[RFC 1/1] drm/pl111: Initial drm/kms driver for pl111

Tom Cooksey tom.cooksey at arm.com
Wed Aug 14 10:59:57 EDT 2013

> >> > > > So in the above, after X receives the second DRI2SwapBuffers,
> >> > > > it doesn't need to get scheduled again for the next frame to 
> >> > > > be both rendered by the GPU and issued to the display for 
> >> > > > scanout.
> >> > > 
> >> > > well, this is really only an issue if you are so loaded that you
> >> > > don't get a chance to schedule for ~16ms.. which is pretty long
> >> > > time.
> >>
> >> Yes - it really is 16ms (minus interrupt/workqueue latency) isn't
> >> it? Hmmm, that does sound very long. Will try out some experiments 
> >> and see.
> >
> > We're looking at moving the flip queue into the DDX driver, however
> > it's not as straight-forward as I thought. With the current design,
> > all rate-limiting happens on the client side. So even if you only
> > have double buffering, using KDS you can queue up as many 
> > asynchronous GPU-render/scan-out pairs as you want. It's up to EGL 
> > in the client application to figure out there's a lot of frames in-
> > flight and so should probably block the application's render thread 
> > in eglSwapBuffers to let the GPU and/or display catch up a bit.
> >
> > If we only allow a single outstanding page-flip job in DRM, there'd
> > be a race if we returned a buffer to the client which had an 
> > outstanding page-flip queued up in the DDX: The client could issue 
> > a render job to the buffer just as the DDX processed the page-flip 
> > from the queue, making the scan-out block until the GPU rendered 
> > the next frame. It would also mean the previous frame would have 
> > been lost as it never got scanned out before the GPU rendered the 
> > next-next frame to it.
> You wouldn't unconditionally send the swap-done event to the client
> when the queue is "full".  (Well, for omap and msm, the queue depth is
> 1, for triple buffer.. I think usually you don't want to do more than
> triple buffer.)  The client would never get a buffer that wasn't
> already done being scanned out, so there shouldn't be a race.
> Basically, in DDX, when you get a ScheduleSwap, there are two cases:
> 1) you are still waiting for previous page-flip event from kernel, in
> which case you queue the swap and don't immediately send the event
> back to the client.  When the previous page flip completes, you
> schedule the new one and then send back the event to the client.
> 2) you are not waiting for a previous page-flip, in which case you
> schedule the new page-flip and send the event to the client.
> (I hope that is clear.. I suppose maybe a picture here would help, 
> but sadly I don't have anything handy)

So your solution depends on the client-side EGL using page flip events
to figure out when to block the application thread when CPU is running
ahead of the GPU/display. We (currently) use the number of uncompleted
frames sent to the GPU to block the application thread. So there is a
race if we move the flip queue into the DDX and did nothing else.
However, I'm not proposing we do nothing else. :-)

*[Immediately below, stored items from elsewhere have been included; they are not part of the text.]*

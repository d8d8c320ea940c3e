-- ===== src/Upgrade/Replay.antt =====
-- The nonce of an upgrade admin never falls, so no signed upgrade is accepted twice.
pub mod Admin
pub mod Kept
use solana_bridge_program.Common.{
  ℕ, ◌+◌, ◌≤◌, ◌<◌, ◌≡◌, ◌≢◌, refl, some, List, ◌∷◌, Bytes, length, arith, ap, sym, ◌∙◌,
  append-injective,
}
use mathlib.Core.Option.{some-injective}
use solana_bridge_program.Runtime.{Bank, AccountInfo, Pubkey, ok, u64_mod}
use solana_bridge_program.Runtime.Laws.{RecordLaws, IsUsed}
use solana_bridge_program.Runtime.History as Runtime
use solana_bridge_program.Env.{Env, IsLawful}
use solana_bridge_program.Shared.Types.{solana_network}
use solana_bridge_program.Shared.Merkle.{amount_bytes}
use solana_bridge_program.Shared.Merkle.Amount.{amount_bytes_injective, length-amount_bytes}
use solana_bridge_program.Upgrade.Content
use solana_bridge_program.Upgrade.State.{UpgradeAdmin}
use solana_bridge_program.Upgrade.Handlers.{process_upgrade}
use solana_bridge_program.Upgrade.Handlers.Upgraded.{IsSized, Upgraded, upgrade_sound}
use solana_bridge_program.Upgrade.Processor.{process_instruction}
use Admin.{Held, Held-same, upgrade-Held}
use Kept.{ReadsKeys, process_instruction-Held}

-- Instructions of the upgrade program that succeed, and steps of others.
abbrev pub History : Env → Pubkey → Bank → Bank → Type 0
History env program_id = Runtime.History program_id (process_instruction env program_id)

module _ (env : Env) (program_id : Pubkey) (laws : RecordLaws env program_id)
    (law : IsLawful IsSized env.upgrade_admin) (keys : ReadsKeys env) where
  -- An account that holds an initialised admin of a contract with a nonce of at least `n` does so
  -- after any instructions of the upgrade program and any steps of others that leave the program's
  -- data alone. Assumed: the laws of the runtime (`RecordLaws`), a lawful codec of the admin, and
  -- that the keys in instructions have 64 bytes.
  pub nonce_never_falls :
      (k contract : Pubkey) (n : ℕ) {b c : Bank}
      → Held env program_id k contract n b
      → History env program_id b c
      → Held env program_id k contract n c
  nonce_never_falls k contract n =
      Runtime.History-kept (Held env program_id k contract n)
        (λ infos input c d.
          process_instruction-Held env program_id k contract n laws law infos input c d keys)
        (λ c d quiet h.
          let same = quiet k h.used in
          Held-same env program_id k contract n laws law c d same.0 same.1 h)

  -- The messages of two nonces are different.
  message-ne :
      (n m : ℕ) (contract contract' buffer buffer' : Pubkey)
      → n < m
      → m < u64_mod
      → Content.message (Content.new n contract buffer)
        ≢ Content.message (Content.new m contract' buffer')
  unfolding Content.message Content.new
  message-ne n m contract contract' buffer buffer' lt small e =
      let (_, e1) = append-injective solana_network solana_network _ _ refl e in
      let (same, _) =
        append-injective (amount_bytes n) (amount_bytes m) _ _
          (length-amount_bytes n ∙ sym (length-amount_bytes m)) e1 in
      absurd (omega (arith, amount_bytes_injective n m (omega arith) small same))

  module _ (info data_info upgraded buffer spill rent clock : AccountInfo) (rest : List AccountInfo)
      (signature : Bytes) (recovery_id : ℕ) (path : List Bytes)
      (data_info' upgraded' buffer' spill' rent' clock' : AccountInfo) (rest' : List AccountInfo)
      (signature' : Bytes) (recovery_id' : ℕ) (path' : List Bytes) where
    abbrev First : Bank → Bank → Type 0
    First =
        Upgraded env program_id info data_info upgraded buffer spill rent clock rest signature
          recovery_id path

    abbrev Second : Bank → Bank → Type 0
    Second =
        Upgraded env program_id info data_info' upgraded' buffer' spill' rent' clock' rest'
          signature' recovery_id' path'

    counted :
        (b b' : Bank)
        → IsUsed program_id info.key b
        → (u : First b b')
        → process_upgrade env program_id
            (info ∷ data_info ∷ upgraded ∷ buffer ∷ spill ∷ rent ∷ clock ∷ rest)
            signature
            recovery_id
            path
            b
          ≡ ok (tt, b')
        → Held env program_id info.key u.admin.contract (u.admin.nonce + 1) b'
    counted b b' used u e =
        let before : Held env program_id info.key u.admin.contract u.admin.nonce b = record {
          used = used;
          admin = u.admin;
          stored = u.opened.stored;
          initialized = u.opened.initialized;
          same_contract = refl;
          least = omega arith;
        } in
        let after =
          upgrade-Held env program_id info.key u.admin.contract u.admin.nonce laws law
            (info ∷ data_info ∷ upgraded ∷ buffer ∷ spill ∷ rent ∷ clock ∷ rest) signature
            recovery_id path b b' e before in
        record {
          used = after.used;
          admin = record u.admin { nonce = u.admin.nonce + 1 };
          stored = u.stored;
          initialized = u.opened.initialized;
          same_contract = refl;
          least = omega arith;
        }

    -- Two upgrades that succeed on one admin account, with any instructions of the upgrade program
    -- and any steps of others that leave the program's data alone in between, are signed over
    -- different messages, whatever their programs, buffers, signatures and paths. Assumed: the
    -- account belongs to the program, the laws of the runtime (`RecordLaws`), a lawful codec of the
    -- admin, and that the keys in instructions have 64 bytes.
    pub upgrade_not_replayed :
        (b b' c d : Bank)
        → IsUsed program_id info.key b
        → process_upgrade env program_id
            (info ∷ data_info ∷ upgraded ∷ buffer ∷ spill ∷ rent ∷ clock ∷ rest)
            signature
            recovery_id
            path
            b
          ≡ ok (tt, b')
        → History env program_id b' c
        → process_upgrade env program_id
            (info ∷ data_info' ∷ upgraded' ∷ buffer' ∷ spill' ∷ rent' ∷ clock' ∷ rest')
            signature'
            recovery_id'
            path'
            c
          ≡ ok (tt, d)
        → (first : First b b') × (second : Second c d) × (Content.message
              (Content.new first.admin.nonce first.admin.contract buffer.key)
            ≢ Content.message (Content.new second.admin.nonce second.admin.contract buffer'.key))
    upgrade_not_replayed b b' c d used e past again =
        let u =
          upgrade_sound env program_id info data_info upgraded buffer spill rent clock rest
            signature recovery_id path b b' law e in
        let v =
          upgrade_sound env program_id info data_info' upgraded' buffer' spill' rent' clock' rest'
            signature' recovery_id' path' c d law again in
        let held =
          nonce_never_falls info.key u.admin.contract (u.admin.nonce + 1) (counted b b' used u e)
            past in
        let same = some-injective held.admin v.admin (sym held.stored ∙ v.opened.stored) in
        let nonce = ap (λ (a : UpgradeAdmin). a.nonce) same in
        let small = (law.sized (c info.key).data_bytes v.admin v.opened.stored).2 in
        (
          u,
          v,
          message-ne u.admin.nonce v.admin.nonce u.admin.contract v.admin.contract buffer.key
              buffer'.key (omega (arith, held.least, nonce)) small,
        )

Our proposal was to instead use waiting on the reply of the
DRI2GetBuffers request to block the application thread when the client
is submitting frames faster than the display can display them.
I've not really looked into using the DRI2BufferSwapComplete in our
EGL implementation - it always felt like we'd be at risk of the
application somehow stealing the event and causing us to dead-lock.
But - that may well be a completely irrational fear. :-) Anyway, I'll
take a look, thanks for the pointer!